# Alternative Minimum Tax - Foreign tax credit?



## AlexDad

Hi All:

Just joined the Forum. My son is a US/UK citizen living and working full-time in the UK.
I have been doing his US tax return for a number of years but this year I am encountering a new problem. Various factors have contributed to his income increasing such that he appears to run afoul of the infamous US Alternative Minimum Tax (AMT). I believe that the problem can be corrected by an AMT credit called the 
AMT-Foreign Tax Credit (AMT-FTC). Problem is, even though I consider myself a reasonably smart guy (!!!), I am going crazy trying to understand the IRS instructions for calculating the AMT-FTC. Does anybody know precisely how to calculate AMT-FTC and if so would you please try to provide an example or a reference to AMT-FTC for Dummies?


----------



## Bevdeforges

As you'll see, I've moved your question over to our Expat Tax section, since it will probably be of interest to many US taxpayers living overseas. (Also changed the title of the thread a bit to draw attention.)

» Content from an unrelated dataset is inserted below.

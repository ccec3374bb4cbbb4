-- ===== src/Server/Connections/Listening.antt =====
-- The connection thread behind the set-up of its socket.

The AMT-FTC seems to be "explained" in the instructions for line 32 of the AMT form (form 6251) but I'll agree with you that the explanation doesn't exactly shed any light on what they're trying to accomplish. Just to add to the confusion, there appears to be a bad link on the IRS website, so that the only instructions I can find for form 6251 are the draft ones for 2012. 

Let's see if we can flag down anyone here who has dealt with the AMT recently and see what they can tell us!
Cheers,
Bev


----------



## AlexDad

Bevdeforges said:


> As you'll see, I've moved your question over to our Expat Tax section, since it will probably be of interest to many US taxpayers living overseas. (Also changed the title of the thread a bit to draw attention.)
> 
> The AMT-FTC seems to be "explained" in the instructions for line 32 of the AMT form (form 6251) but I'll agree with you that the explanation doesn't exactly shed any light on what they're trying to accomplish. Just to add to the confusion, there appears to be a bad link on the IRS website, so that the only instructions I can find for form 6251 are the draft ones for 2012.
> 
> Let's see if we can flag down anyone here who has dealt with the AMT recently and see what they can tell us!
> Cheers,
> Bev


Thanks, Bev.
You are right about the IRS instructions. Can't make head nor tail of them.


----------



## Crazyeelboy

I have been pounding out this issue for years - fortunately, though, I don't have much (if any) AMT, so any solutions I have come up with are largely theoretical as they don't make a big difference in the end result. Here's my big (massive) problem:

I don't know what to do for entering the correct amount for foreign earned income (not including passive income of any sort) amount in line 1a of the AMT 1116. I am not using the simplified limitation election and the "instructions" are useless as they simply say use "income and deductions which are allowed for the AMT and attributable to foreign sources..." 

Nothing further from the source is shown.